--- DATA FOR REVIEW ---

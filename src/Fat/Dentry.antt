-- ===== src/Fat/Dentry.antt =====
-- Directory entries and files: fat_file.h, and the functions of fat_file.c that work on an entry.
pub mod Cluster
pub mod Write
use famaf_unc.Base.{
  ℕ, zero, suc, ◌+◌, ◌-◌, ◌*◌, ◌/◌, ◌%◌, ◌^◌, Bool, true, false, not, ◌||◌, ◌&&◌, List, [], ◌∷◌,
  ◌++◌, ltb, leb, ◌==◌, if◌then◌else◌,
}
use famaf_unc.Fat.Device.{Device, Volume, Io, done, failed, Run, ok, Cmd, pure, ◌>>=◌, ◌>>◌}
use famaf_unc.Fat.Table.{Status, success, failure, bytes_per_cluster, cluster_offset}
use famaf_unc.Fat.Time.{fill_date, fill_time}

-- `struct fat_dir_entry_s`; `base_name` has 8 bytes and `extension` 3. The union is named as FAT32
-- reads it.
pub record FatDirEntry : Type 0 where
  pub base_name : List ℕ
  pub extension : List ℕ
  pub attribs : ℕ
  pub reserved : ℕ
  pub create_time_fine_res : ℕ
  pub create_time : ℕ
  pub create_date : ℕ
  pub last_access_date : ℕ
  pub start_cluster_high : ℕ
  pub last_modified_time : ℕ
  pub last_modified_date : ℕ
  pub start_cluster_low : ℕ
  pub file_size : ℕ

-- `struct fat_file_s`, for a file that has an entry; `nentries` is the union's one number, which a
-- file that is no directory uses as `num_clusters`. Every file belongs to the volume's table.
pub record FatFile : Type 0 where
  pub dentry : FatDirEntry
  pub name : List ℕ
  pub filepath : List ℕ
  pub start_cluster : ℕ
  pub nentries : ℕ
  pub pos_in_parent : ℕ
  pub num_times_opened : ℕ
  pub children_read : Bool

-- The packed layout on disk, little-endian.
abbrev pub le16_bytes : ℕ → List ℕ
le16_bytes n = n % 256 ∷ n / 256 % 256 ∷ []

unfoldable pub dentry_bytes : FatDirEntry → List ℕ
dentry_bytes e =
    e.base_name
    ++ (e.extension
        ++ (e.attribs
            ∷ e.reserved
            ∷ e.create_time_fine_res
            ∷ (le16_bytes e.create_time
                ++ (le16_bytes e.create_date
                    ++ (le16_bytes e.last_access_date
                        ++ (le16_bytes e.start_cluster_high
                            ++ (le16_bytes e.last_modified_time
                                ++ (le16_bytes e.last_modified_date
                                    ++ (le16_bytes e.start_cluster_low
                                        ++ (le16_bytes e.file_size
                                            ++ le16_bytes (e.file_size / 65536)))))))))))

-- sizeof(struct fat_dir_entry_s)
abbrev pub entry_size : ℕ
entry_size = 32

-- The copy of the four bytes of the cluster's number into the two fields.
unfoldable pub set_first_cluster : FatDirEntry → ℕ → FatDirEntry
set_first_cluster e cluster = record e {
  start_cluster_low = cluster % 2 ^ 16;
  start_cluster_high = cluster / 2 ^ 16 % 2 ^ 16;
}

unfoldable pub file_start_cluster : FatDirEntry → ℕ
file_start_cluster e = e.start_cluster_low + e.start_cluster_high * 2 ^ 16

-- The current time is read first; with `fill_create` and not `fill_modified` nothing is filled.
unfoldable pub fill_times : FatDirEntry → Bool → Bool → ℕ → ℕ → FatDirEntry
fill_times e create modified date time =
    let touched =
      if modified
      then record e {
        last_modified_date = date;
        last_modified_time = time;
        last_access_date = date;
      }
      else record e { last_access_date = date } in
    if create
    then record touched {
      create_date = touched.last_modified_date;
      create_time = touched.last_modified_time;
    }
    else touched

unfoldable pub fill_dentry_time_now :
    {D : Type 0} → Device D → FatDirEntry → Bool → Bool → Cmd D (Status × FatDirEntry)
unfolding fill_times fill_time
fill_dentry_time_now dev e create modified v =
    let (d, now) = dev.time v.disk in
    if not (not create || modified)
    then ok (failure, e) (record v { disk = d })
    else ok (success, fill_times e create modified (fill_time dev now).0 (fill_time dev now).1)
        (record v { disk = d })

-- FILE_ATTRIBUTE_DIRECTORY is bit 4, FILE_ATTRIBUTE_READONLY bit 0, FILE_ATTRIBUTE_VOLUME bit 3.
abbrev pub has_attribute : ℕ → FatDirEntry → Bool
has_attribute bit e = e.attribs / 2 ^ bit % 2 == 1

-- Each file that fat_file.c hands out has an entry, the root too (fat_file_init_orphan_dir), so the test for an entry
-- that is NULL never succeeds.
unfoldable pub is_directory : FatFile → Bool
is_directory f = has_attribute 4 f.dentry

-- The counter has 31 bits.
unfoldable pub inc_num_times_opened : FatFile → FatFile
inc_num_times_opened f = record f { num_times_opened = (f.num_times_opened + 1) % 2 ^ 31 }

unfoldable pub dec_num_times_opened : FatFile → FatFile
dec_num_times_opened f = record f { num_times_opened = (f.num_times_opened + 2 ^ 31 - 1) % 2 ^ 31 }

-- An `ssize_t` as an operand of a comparison with a `size_t`: -1 becomes the greatest number.
abbrev pub as_size_t : Io ℕ → ℕ
as_size_t (failed e) = 2 ^ 64 - 1
as_size_t (done n) = n

abbrev pub errno_behind : Io ℕ → ℕ → ℕ
errno_behind (failed e) errno = e
errno_behind (done n) errno = errno

-- The answer of `pwrite`: the comparison `written_bytes < entry_size`, and `errno` as the call left it.
unfoldable pub after_dentry_write : {D : Type 0} → D × Io ℕ → Cmd D Status
after_dentry_write (d, written) v =
    ok (if ltb (as_size_t written) entry_size then failure else success)
      (record v { disk = d; errno = errno_behind written v.errno })

-- `chunk_size` is a `u32`.
unfoldable pub write_dir_entry : {D : Type 0} → Device D → (parent file : FatFile) → Cmd D Status
unfolding after_dentry_write
write_dir_entry dev parent file v =
    if leb (bytes_per_cluster v.table % 2 ^ 32) (file.pos_in_parent * entry_size)
    then ok failure v
    else after_dentry_write
        (dev.pwrite v.disk (dentry_bytes file.dentry)
          (file.pos_in_parent * entry_size + cluster_offset v.table parent.start_cluster))
        v

-- The times of `struct utimbuf` are two arguments; the access time's clock is not kept.
unfoldable pub fat_utime :
    {D : Type 0} → Device D → (file parent : FatFile) → (actime modtime : ℕ) → Cmd D FatFile
unfolding write_dir_entry fill_time
fat_utime dev file parent actime modtime =
    let file' = record file {
      dentry = record file.dentry {
        last_access_date = (fill_time dev actime).0;
        last_modified_date = (fill_time dev modtime).0;
        last_modified_time = (fill_time dev modtime).1;
      };
    } in
    do write_dir_entry dev parent file'; pure file'

-- The new parent and the new child.
unfoldable pub dentry_add_child :
    {D : Type 0} → Device D → (parent child : FatFile) → Cmd D (FatFile × FatFile)
unfolding write_dir_entry
dentry_add_child dev parent child =
    let child' = record child { pos_in_parent = parent.nentries } in
    do
      write_dir_entry dev parent child'
      pure (record parent { nentries = (parent.nentries + 1) % 2 ^ 32 }, child')

abbrev pub set_first : List ℕ → ℕ → List ℕ
set_first [] b = []
set_first (x ∷ xs) b = b ∷ xs

-- FILE_FOR_DELETION goes to the first byte of the name.
unfoldable pub remove_dentry : {D : Type 0} → Device D → (file parent : FatFile) → Cmd D FatFile
unfolding write_dir_entry
remove_dentry dev file parent =
    let file' = record file {
      dentry = record file.dentry { base_name = set_first file.dentry.base_name 0xe5 };
    } in
    do write_dir_entry dev parent file'; pure file'
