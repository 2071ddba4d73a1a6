-- ===== src/Fat/File.antt =====
-- The data operations of fat_file.c. Each loop runs on fuel; the theorems give enough.
pub mod Free
pub mod Walk
pub mod Read
pub mod Touch
pub mod Pread
pub mod Truncate
pub mod Extend
pub mod Positions
pub mod Written
pub mod Pwrite
pub mod WriteRead
use famaf_unc.Base.{
  ℕ, zero, suc, ◌+◌, ◌-◌, ◌%◌, ◌^◌, min, max, Bool, true, false, not, ◌||◌, ◌&&◌, Option, ltb, leb,
  ◌==◌, if◌then◌else◌,
}
use famaf_unc.Fat.Device.{
  Device, FatTable, Volume, Run, ok, out_of_fuel, Cmd, pure, lift, ◌>>=◌, ◌>>◌, eio, eoverflow,
}
use famaf_unc.Fat.Table.{
  Status, success, failure, end_of_chain_max, cluster_free, get_next_cluster, bytes_per_cluster,
  mask_offset, get_cluster_remaining_bytes, get_clusters_for_size, get_next_free_cluster,
  cluster_offset, seek_cluster, cluster_is_eoc, cluster_is_valid, set_next_cluster,
}
use famaf_unc.Fat.Util.{full_pread, full_pwrite}
use famaf_unc.Fat.Dentry.{FatDirEntry, FatFile, fill_dentry_time_now, write_dir_entry}

module _ {D : Type 0} where
  -- A question to the table in memory, which may read outside the map.
  abbrev pub on_table : {A : Type 0} → (FatTable → Option A) → Cmd D A
  on_table q v = lift (q v.table) v

  abbrev pub get_table : Cmd D FatTable
  get_table v = ok v.table v

  abbrev pub get_errno : Cmd D ℕ
  get_errno v = ok v.errno v

  abbrev pub set_errno : ℕ → Cmd D (Unit {0})
  set_errno e v = ok tt (record v { errno = e })

-- The loop of fat_file_free_clusters, which passes over an entry that cannot be written.
unfoldable pub free_loop : {D : Type 0} → Device D → ℕ → ℕ → Cmd D (Unit {0})
free_loop dev zero cluster v = out_of_fuel
free_loop dev (suc fuel) cluster v =
    if cluster_is_valid cluster
    then (do
      next ← on_table λ t. get_next_cluster t cluster
      set_next_cluster dev cluster cluster_free
      free_loop dev fuel next)
        v
    else ok tt v

unfoldable pub free_clusters : {D : Type 0} → Device D → ℕ → FatFile → Cmd D (Unit {0})
free_clusters dev fuel file = free_loop dev fuel file.start_cluster

-- The loop of fat_file_truncate, which stops at an entry that cannot be written.
unfoldable pub cut_loop : {D : Type 0} → Device D → ℕ → ℕ → Cmd D Status
cut_loop dev zero cluster v = out_of_fuel
cut_loop dev (suc fuel) cluster v =
    if cluster_is_valid cluster
    then (do
      next ← on_table λ t. get_next_cluster t cluster
      written ← set_next_cluster dev cluster cluster_free
      elim written [ success ↦ cut_loop dev fuel next | failure ↦ pure failure ])
        v
    else ok success v

-- The new times and size reach the entry on disk, and the file is returned.
unfoldable pub touch : {D : Type 0} → Device D → (file parent : FatFile) → Bool → Cmd D FatFile
touch dev file parent modified = do
  (filled, e) ← fill_dentry_time_now dev file.dentry false modified
  let file' = record file { dentry = e }
  write_dir_entry dev parent file'
  pure file'

abbrev pub resize : FatFile → ℕ → FatFile
resize file size = record file { dentry = record file.dentry { file_size = size } }

unfoldable pub truncate :
    {D : Type 0} → Device D → ℕ → (file : FatFile) → ℕ → (parent : FatFile) → Cmd D FatFile
truncate dev fuel file offset parent = do
  t ← get_table
  let current_num_clusters = max 1 (get_clusters_for_size t file.dentry.file_size)
  let new_num_clusters = max 1 (get_clusters_for_size t offset)
  if ltb file.dentry.file_size offset || leb current_num_clusters new_num_clusters
      then pure file
      else do
        last ← lift (seek_cluster t file.start_cluster offset)
        errno ← get_errno
        if not (errno == 0) then pure file else do
          next ← on_table λ u. get_next_cluster u last
          ended ← set_next_cluster dev last end_of_chain_max
          elim ended [
            | failure ↦ pure file
            | success ↦ do
              cut ← cut_loop dev fuel next
              elim cut [
                | failure ↦ pure file
                | success ↦ touch dev (resize file (offset % 2 ^ 32)) parent true
              ]
          ]

-- Gives 0 where no cluster can be had. The status of the first write is overwritten by that of the
-- second.
unfoldable pub next_or_new_cluster : {D : Type 0} → Device D → ℕ → Cmd D ℕ
next_or_new_cluster dev last = do
  next ← on_table λ t. get_next_cluster t last
  if not (cluster_is_eoc next) then pure next else do
    new ← on_table get_next_free_cluster
    if cluster_is_eoc new then pure 0 else do
      set_next_cluster dev last new
      ended ← set_next_cluster dev new end_of_chain_max
      elim ended [ success ↦ pure new | failure ↦ pure 0 ]

-- The loop of fat_file_pread; its result is `bytes_remaining`.
unfoldable pub read_loop :
    {D : Type 0} → Device D → ℕ → ℕ → (buf remaining offset cluster : ℕ) → Cmd D ℕ
read_loop dev fuel zero buf remaining offset cluster v = out_of_fuel
read_loop dev fuel (suc rounds) buf zero offset cluster v = ok zero v
read_loop dev fuel (suc rounds) buf (suc n) offset cluster v =
    if not (cluster_is_valid cluster)
    then ok (suc n) v
    else let wanted = get_cluster_remaining_bytes v.table (suc n) offset in
      (do
        got ←
            full_pread dev fuel buf wanted
              (cluster_offset v.table cluster + mask_offset offset v.table)
        if not (got == wanted) then pure (suc n) else do
          next ← on_table λ t. get_next_cluster t cluster
          read_loop dev fuel rounds (buf + got) (suc n - got) (offset + got) next)
        v

-- The count of bytes read, and the file with its new access date.
unfoldable pub pread :
    {D : Type 0}
    → Device D
    → ℕ
    → (file : FatFile) (buf size offset : ℕ) (parent : FatFile) → Cmd D (ℕ × FatFile)
pread dev fuel file buf size offset parent =
    if ltb file.dentry.file_size offset
    then (do set_errno eoverflow; pure (0, file))
    else let wanted = min size (file.dentry.file_size - offset) in
      if wanted == 0 then pure (0, file) else do
        cluster ← on_table λ t. seek_cluster t file.start_cluster offset
        if cluster == 0 then pure (0, file) else do
          remaining ← read_loop dev fuel (wanted + 1) buf wanted offset cluster
          file' ← touch dev file parent false
          pure (wanted - remaining, file')

-- The loop of fat_file_pwrite; its result is `bytes_remaining`.
unfoldable pub write_loop :
    {D : Type 0} → Device D → ℕ → ℕ → (buf remaining offset cluster : ℕ) → Cmd D ℕ
write_loop dev fuel zero buf remaining offset cluster v = out_of_fuel
write_loop dev fuel (suc rounds) buf zero offset cluster v = ok zero v
write_loop dev fuel (suc rounds) buf (suc n) offset cluster v =
    let wanted = get_cluster_remaining_bytes v.table (suc n) offset in
    (do
      got ←
          full_pwrite dev fuel buf wanted
            (cluster_offset v.table cluster + mask_offset offset v.table)
      if not (got == wanted) then pure (suc n - got) else if suc n - got == 0 then pure zero else do
        next ← next_or_new_cluster dev cluster
        if next == 0 || not (cluster_is_valid next)
            then pure (suc n - got)
            else write_loop dev fuel rounds (buf + got) (suc n - got) (offset + got) next)
      v

-- The first cluster to write: behind the end of a full last cluster it is a new one.
unfoldable pub start_of_write : {D : Type 0} → Device D → FatFile → ℕ → Cmd D ℕ
start_of_write dev file offset = do
  t ← get_table
  cluster ← lift (seek_cluster t file.start_cluster (offset - 1))
  if (offset % bytes_per_cluster t == 0) && (not (cluster == 0) && not (offset == 0))
      then next_or_new_cluster dev cluster
      else pure cluster

unfoldable pub pwrite :
    {D : Type 0}
    → Device D
    → ℕ
    → (file : FatFile) (buf size offset : ℕ) (parent : FatFile) → Cmd D (ℕ × FatFile)
pwrite dev fuel file buf size offset parent =
    if ltb file.dentry.file_size offset then (do set_errno eoverflow; pure (0, file)) else do
      cluster ← start_of_write dev file offset
      if cluster == 0 then (do set_errno eio; pure (0, file)) else do
        remaining ← write_loop dev fuel (size + 1) buf size offset cluster
        let reached = offset + size - remaining
        let grown =
            if ltb file.dentry.file_size reached then resize file (reached % 2 ^ 32) else file
        file' ← touch dev grown parent true
        pure (size - remaining, file')
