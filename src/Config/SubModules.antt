-- ===== src/Config/SubModules.antt =====
-- The loop of `validateYMLV2` over the submodules of one merge section: each is validated, and its
-- name must be new. `seen` is the key set of `subModuleMap`.
use test_at_scale.Prelude.{
  String, ◌⧺◌, ◌≡◌, ◌≢◌, false, List, [], ◌∷◌, any, str_eq, eq_iff, arith, All, refl, ◌↔◌, All-mono,
}
use test_at_scale.Errs.{Err, error, Result, ok, ◌>>◌, refuse_if, >>=-eq-ok, refuse_if-ok}
use test_at_scale.Models.{SubModule}
use test_at_scale.Utils.{validate_sub_module}

abbrev pub duplicate : String → String → Err
duplicate field file =
    error ("duplicate subModule name found in `" ⧺ field ⧺ "` in tas configuration file " ⧺ file)

unfoldable pub check_sub_modules :
    String → String → List String → List SubModule → Result (Unit {0})
check_sub_modules field file seen [] = ok tt
check_sub_modules field file seen (m ∷ ms) = do
  validate_sub_module m
  refuse_if (any (str_eq m.name) seen) (duplicate field file)
  check_sub_modules field file (m.name ∷ seen) ms

-- What a submodule must have.
pub record IsComplete (m : SubModule) : Type 0 where
  pub named : m.name ≢ ""
  pub placed : m.path ≢ ""
  pub tested : m.patterns ≢ []

-- No two submodules have one name.
abbrev pub IsDistinct : List SubModule → Type 0
IsDistinct [] = Unit
IsDistinct (m ∷ ms) = All (λ n. n.name ≢ m.name) ms × IsDistinct ms

validate_sub_module-IsComplete : (m : SubModule) → validate_sub_module m ≡ ok tt → IsComplete m
unfolding validate_sub_module
validate_sub_module-IsComplete m h = record {
  named = ground (arith, eq_iff m.name "");
  placed = ground (arith, eq_iff m.path "");
  tested = ground arith;
}

IsComplete-validate_sub_module : (m : SubModule) → IsComplete m → validate_sub_module m ≡ ok tt
unfolding validate_sub_module
IsComplete-validate_sub_module m h = ground (arith, eq_iff m.name "", eq_iff m.path "")

-- The name of a submodule is not among the names that were seen.
abbrev IsNew : List String → SubModule → Type 0
IsNew seen m = any (str_eq m.name) seen ≡ false

IsNew-cons : (k : String) (seen : List String) (n : SubModule) → IsNew (k ∷ seen) n → n.name ≢ k
IsNew-cons k seen n h = ground (arith, eq_iff n.name k)

IsNew-tail : (k : String) (seen : List String) (n : SubModule) → IsNew (k ∷ seen) n → IsNew seen n
IsNew-tail k seen n h = ground arith

cons-IsNew :
    (k : String) (seen : List String) (n : SubModule)
    → n.name ≢ k
    → IsNew seen n
    → IsNew (k ∷ seen) n
cons-IsNew k seen n h s = ground (arith, eq_iff n.name k)

check_sub_modules_sound :
    (field file : String) (seen : List String) (ms : List SubModule)
    → check_sub_modules field file seen ms ≡ ok tt
    → All IsComplete ms × IsDistinct ms × All (IsNew seen) ms
unfolding check_sub_modules
check_sub_modules_sound field file seen [] h = (tt, tt, tt)
check_sub_modules_sound field file seen (m ∷ ms) h =
    let rest = check_sub_modules field file (m.name ∷ seen) ms in
    let (_, valid, h') =
      >>=-eq-ok (validate_sub_module m)
        (λ _. refuse_if (any (str_eq m.name) seen) (duplicate field file) >> rest) h in
    let (_, fresh, h'') =
      >>=-eq-ok (refuse_if (any (str_eq m.name) seen) (duplicate field file)) (λ _. rest) h' in
    let (complete, distinct, unseen) = check_sub_modules_sound field file (m.name ∷ seen) ms h'' in
    (
      (validate_sub_module-IsComplete m valid, complete),
      (All-mono ms (IsNew-cons m.name seen) unseen, distinct),
      (
        refuse_if-ok (any (str_eq m.name) seen) (duplicate field file) fresh,
        All-mono ms (IsNew-tail m.name seen) unseen,
      ),
    )

pub both :
    {P Q R : SubModule → Type 0} (ms : List SubModule)
    → ((m : SubModule) → P m → Q m → R m)
    → All P ms
    → All Q ms
    → All R ms
both [] f p q = tt
both (m ∷ ms) f p q = (f m p.0 q.0, both ms f p.1 q.1)

check_sub_modules_complete :
    (field file : String) (seen : List String) (ms : List SubModule)
    → All IsComplete ms
    → IsDistinct ms
    → All (IsNew seen) ms
    → check_sub_modules field file seen ms ≡ ok tt
unfolding check_sub_modules
check_sub_modules_complete field file seen [] c d u = refl
check_sub_modules_complete field file seen (m ∷ ms) c d u = rw (
  IsComplete-validate_sub_module m c.0,
  u.0,
  check_sub_modules_complete field file (m.name ∷ seen) ms c.1 d.1
      (both ms (cons-IsNew m.name seen) d.0 u.1),
)

All-IsNew : (ms : List SubModule) → All (IsNew []) ms
All-IsNew [] = tt
All-IsNew (m ∷ ms) = (refl, All-IsNew ms)

-- A merge section passes exactly when every submodule has a name, a path and a pattern, and no two
-- have one name.
pub check_sub_modules-ok :
    (field file : String) (ms : List SubModule)
    → (check_sub_modules field file [] ms ≡ ok tt) ↔ (All IsComplete ms × IsDistinct ms)
check_sub_modules-ok field file ms = (
  λ h.
      let (complete, distinct, _) = check_sub_modules_sound field file [] ms h in
      (complete, distinct),
  λ p. check_sub_modules_complete field file [] ms p.0 p.1 (All-IsNew ms),
)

---

_EXERCISE GOAL_
The reply should hold only the lines of the listing above starting at the line containing "IsNew-cons : (k" and ending at the line containing "IsNew-tail k seen n h = ground arith", exactly as written.

_SOLUTION_
IsNew-cons : (k : String) (seen : List String) (n : SubModule) → IsNew (k ∷ seen) n → n.name ≢ k
IsNew-cons k seen n h = ground (arith, eq_iff n.name k)

IsNew-tail : (k : String) (seen : List String) (n : SubModule) → IsNew (k ∷ seen) n → IsNew seen n
IsNew-tail k seen n h = ground arith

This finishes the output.